Smaller clubs like One Nation, Jam City, and Radiotron gave energy to early L.A. hip-hop, but Uncle Jamm's Army - named, of course, after the P-Funk classic - was the granddaddy of this enormous underground scene. Its stars were Roger Clayton, who bankrolled the events, and DJs Bobcat, Arabian Prince (who would go on to contribute to N.W.A's Straight Outta Compton), and the inimitable Egyptian Lover, who would spin on as many as five turntables at a time. "Egypt," whose biggest hits - "Girls" and "Egypt, Egypt" - were collected in the 1984 album On the Nile, tended to play fast dance music that confounded out-of-town clubgoers from the East but drove local hip-hoppers into a frenzy.


Run-D.M.C. made a heralded early Southern California visit then, and, as Luv remembers, "We were so on our own stuff, we didn't give it up for them. They were breaking up our dance time. If you weren't doing something 120 beats per minute, we weren't tryin' to feel you."


The DJs from hip-hop's birthplace embraced non-hip-hop records by groups Maze and the Incredible Bongo Band, and that music played well in the Los Angeles of the Uncle Jamm's Army Era. But here, groups like Kraftwerk and Art of Noise - especially the 120-beats-per-minute and higher tracks - were taken to heart just a bit more.


"We got electro-hop and embraced it," Luv recalls. In time, that music would undergo contortions that became the foundation of contemporary rap music. The sound is reflected in Bay Area legends Too Short and E-40's specific uses of the Roland drum machine. "We would slow down 'Planet Rock,' keeping the 808 bass drum and snare. You can hear that on songs such as the [Toddy T's] 'The Batter Ram,' which was same sort of beat slowed down to 88 bpms.


"It did come from the time of us loving music that wasn't hip-hop," Luv continues insistently. "We were able to go both ways 'cuz we still called it hip-hop, and no one else was. It was so easy because we had no hang-ups. We were so innocent about it at the time."

For music that now seems almost quaint in its clean content and simple, uptempo rhythms, L.A. hip-hop between the early and middle 1980s was remarkably insulated, just barely, from hardcore nefariousness - from the DJ booth out to the dance floor.


"A lot of people who were doing their dirt - selling, banging, seeing their homies get killed - they got a break in their lives at these clubs," says Luv of both performers and crowd. "That music used to make us happy as hell. Why? Because back in the day we were going through way more gang shit than we are now. People got jumped on the bus over shoelaces and jewelry or the wrong color Kangol, emulating the wrong album cover and just trying to survive the Reagan era. The only way we had fun was with that 'corny' music."

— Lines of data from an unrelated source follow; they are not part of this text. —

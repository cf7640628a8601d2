-- ===== src/Poll/Command/Shown.antt =====
-- bjnp/src/poll/command.rs: `Display` of the commands. How a date is shown is the crate `time`'s.
use scanner_button.Prelude.{ℕ, List, [], ◌++◌}
use scanner_button.Rust.Format.{Display, codes, pad, plain, decimal, shown}
use scanner_button.Poll.Host.{Endian, Host, host_fmt}
use scanner_button.Poll.Command.Time.{TimeCrate}
use scanner_button.Poll.Command.Types.{
  EmptyCommand, HostOnlyCommand, FullCommand, ResetCommand, Command, empty, host_only, full, reset,
}

abbrev pub empty_command_display : Display EmptyCommand
empty_command_display = record { fmt = λ c f. pad f [] ++ codes "empty" }

module _ (e : Endian) where
  unfoldable pub host_shown : Host → List ℕ
  host_shown host = host_fmt e host plain

  unfoldable pub host_only_shown : HostOnlyCommand → List ℕ
  host_only_shown cmd = codes "host=" ++ host_shown cmd.host

  unfoldable pub full_shown : (t : TimeCrate) ⦃d : Display t.DateTime⦄ → FullCommand t → List ℕ
  full_shown t cmd =
      codes "session_id="
      ++ (decimal cmd.session_id
          ++ (codes " host="
              ++ (host_shown cmd.host ++ (codes " datetime=" ++ shown cmd.datetime))))

  unfoldable pub reset_shown : ResetCommand → List ℕ
  reset_shown cmd =
      codes "session_id="
      ++ (decimal cmd.session_id
          ++ (codes " host="
              ++ (host_shown cmd.host ++ (codes " action_id=" ++ decimal cmd.action_id))))

  unfoldable pub command_line : (t : TimeCrate) ⦃d : Display t.DateTime⦄ → Command t → List ℕ
  command_line t (empty _) = codes "empty"
  command_line t (host_only cmd) = codes "host-only: " ++ host_only_shown cmd
  command_line t (full cmd) = codes "full: " ++ full_shown t cmd
  command_line t (reset cmd) = codes "reset: " ++ reset_shown cmd

  abbrev pub command_display : {t : TimeCrate} ⦃d : Display t.DateTime⦄ → Display (Command t)
  command_display {t} = record { fmt = λ c f. pad f [] ++ command_line t c }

Hip-hop, especially in Southern California, isn't so good at taking care of its history. In recent months, commercial radio has been censoring the line "Remember KDAY" from Tupac's "To Live and Die in L.A." because a Florida-based corporation has revived those glorious call letters. But let's not assign one more crime to radio. Hip-hop long ago lost its innocence, maybe more. As Danyel Smith asks in her new novel, Bliss, "hip hop is over, dead, finished, and we're still in costume, in denial?"

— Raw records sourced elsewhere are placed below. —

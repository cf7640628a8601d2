-- ===== src/Poll/Command.antt =====
-- bjnp/src/poll/command.rs: the commands of a poll, and their builder.
mod Time
mod Types
mod Raw
mod Wire
mod Builder
mod Shown
pub mod Lawful
pub mod Read
pub mod RoundTrip
pub mod Errors
pub mod Built
pub mod Tests
unfoldable pub use Time.*
unfoldable pub use Types.*
unfoldable pub use Raw.*
unfoldable pub use Wire.*
unfoldable pub use Builder.*
unfoldable pub use Shown.*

What this means to a series of evenings expressly about celebrating a time before mean-mugging at the House of Blues is up for debate, although we all have our opinions.

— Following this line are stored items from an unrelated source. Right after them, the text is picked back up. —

-- ===== src/Validator/Merkle/Proofs.antt =====
-- A tree's proofs against its root.
use shield_net.Prelude.{
  ℕ, zero, suc, ◌+◌, ◌/◌, ◌≤◌, ◌<◌, ◌≡◌, refl, sym, ap, ap₂, ◌∙◌, List, [], ◌∷◌, arith, ltb, length,
  Bool-cases, ltb→lt, inl, inr,
}
use shield_net.Validator.Types.{B256, Bytes}
use shield_net.Validator.Merkle.{
  get_or_zero, hash_pair, next_level, levels, build, fold_proof, root, sibling_of, proof,
}

half_above : (j : ℕ) → suc (suc j) / 2 ≡ suc (j / 2)
half_above j = omega arith

get_or_zero_tail :
    (x : B256) (xs : List B256) (i : ℕ) → get_or_zero (x ∷ xs) (suc i) ≡ get_or_zero xs i
unfolding get_or_zero
get_or_zero_tail x xs i = ground arith

node_above :
    (x : B256) (xs : List B256) (j : ℕ)
    → get_or_zero (x ∷ xs) (suc (suc j) / 2) ≡ get_or_zero xs (j / 2)
node_above x xs j = ap (get_or_zero (x ∷ xs)) (half_above j) ∙ get_or_zero_tail x xs (j / 2)

sibling_of_above : (j : ℕ) → sibling_of (suc (suc j)) ≡ suc (suc (sibling_of j))
sibling_of_above j = ground arith

sibling_above :
    (a b : B256) (rest : List B256) (j : ℕ)
    → get_or_zero (a ∷ b ∷ rest) (sibling_of (suc (suc j))) ≡ get_or_zero rest (sibling_of j)
sibling_above a b rest j =
    ap (get_or_zero (a ∷ b ∷ rest)) (sibling_of_above j)
    ∙ get_or_zero_tail a (b ∷ rest) (suc (sibling_of j))
    ∙ get_or_zero_tail b rest (sibling_of j)

module _ (keccak256 : Bytes → B256) where
  hash_pair_comm : (a b : B256) → hash_pair keccak256 a b ≡ hash_pair keccak256 b a
  unfolding hash_pair
  hash_pair_comm a b = ground arith

  length-next_level : (l : List B256) → length (next_level keccak256 l) ≡ (length l + 1) / 2
  unfolding next_level
  length-next_level [] = refl
  length-next_level (a ∷ []) = refl
  length-next_level (a ∷ b ∷ rest) = ground (arith, length-next_level rest)

  -- A node is the hash of its two children, of which `i` is either.
  get_or_zero-next_level :
      (l : List B256) (i : ℕ)
      → i < length l
      → get_or_zero (next_level keccak256 l) (i / 2)
        ≡ hash_pair keccak256 (get_or_zero l i) (get_or_zero l (sibling_of i))
  unfolding next_level get_or_zero
  get_or_zero-next_level [] i h = absurd (omega arith)
  get_or_zero-next_level (a ∷ []) i h = ground arith
  get_or_zero-next_level (a ∷ b ∷ rest) zero h = refl
  get_or_zero-next_level (a ∷ b ∷ rest) (suc zero) h = hash_pair_comm a b
  get_or_zero-next_level (a ∷ b ∷ rest) (suc (suc j)) h =
      node_above (hash_pair keccak256 a b) (next_level keccak256 rest) j
      ∙ get_or_zero-next_level rest j (omega arith)
      ∙ ap₂ (hash_pair keccak256)
          (sym (get_or_zero_tail a (b ∷ rest) (suc j) ∙ get_or_zero_tail b rest j))
          (sym (sibling_above a b rest j))

  root-cons :
      (x : List B256) (n : ℕ) (l : List B256)
      → root (x ∷ levels keccak256 n l) ≡ root (levels keccak256 n l)
  unfolding root levels
  root-cons x zero l = refl
  root-cons x (suc n) l = elim (Bool-cases (ltb 1 (length l))) [
    | inl q ↦ rw q refl
    | inr q ↦ rw q refl
  ]

  proof-cons :
      (x : List B256) (n : ℕ) (l : List B256) (i : ℕ)
      → proof (x ∷ levels keccak256 n l) i
        ≡ get_or_zero x (sibling_of i) ∷ proof (levels keccak256 n l) (i / 2)
  unfolding proof levels
  proof-cons x zero l i = refl
  proof-cons x (suc n) l i = elim (Bool-cases (ltb 1 (length l))) [
    | inl q ↦ rw q refl
    | inr q ↦ rw q refl
  ]

  fold_proof-levels :
      (n : ℕ) (l : List B256) (i : ℕ)
      → i < length l
      → length l ≤ n + 1
      → fold_proof keccak256 (get_or_zero l i) (proof (levels keccak256 n l) i)
        ≡ root (levels keccak256 n l)
  unfolding levels proof root fold_proof
  fold_proof-levels zero l i h k = ap (get_or_zero l) (omega arith)
  fold_proof-levels (suc n) l i h k = elim (Bool-cases (ltb 1 (length l))) [
    | inr q ↦ rw q (ap (get_or_zero l) (ground arith))
    | inl q ↦
        let above = next_level keccak256 l in
        let bound = length-next_level l in
        rw q (
          ap (fold_proof keccak256 (get_or_zero l i)) (proof-cons l n above i)
          ∙ ap (λ x. fold_proof keccak256 x (proof (levels keccak256 n above) (i / 2)))
              (sym (get_or_zero-next_level l i h))
          ∙ fold_proof-levels n above (i / 2) (omega (arith, bound))
              (omega (arith, bound, ltb→lt 1 (length l) q))
          ∙ sym (root-cons l n above))
  ]

  -- For any number of leaves, any hash and any index in range: hashing the leaf with the siblings of its
  -- proof, in their order, gives the root of the tree that is built from the leaves.
  pub fold_proof-build :
      (leaves : List B256) (index : ℕ)
      → index < length leaves
      → fold_proof keccak256 (get_or_zero leaves index) (proof (build keccak256 leaves) index)
        ≡ root (build keccak256 leaves)
  unfolding build
  fold_proof-build leaves index h = fold_proof-levels (length leaves) leaves index h (omega arith)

"The era of having just straight fun is pretty much dead," says Luv. "I don't think a lot of people are gonna be there. Egyptian Lover should pack the place, but he won't. People out here will break their neck to see someone from the East Coast before they'll come and take part in our history, because they've been convinced we don't have a history. They don't look at him as a pioneer. They just look at him as an old-school DJ from L.A."


Yet, there does exist another market for the music, the DJs, the iconography of rap. About the only question that remains is whether, in the spirit of the Europeans who have supported, say, Egyptian Lover's last four albums, these mature native hip-hop people - who understand that, 25 years from now, Lil Jon and T.I. will sound hella corny - might come out and represent.

"You know that old saying that one man's trash is another man's treasure?" says Luv.


That trash is, at least, another DJ's sample.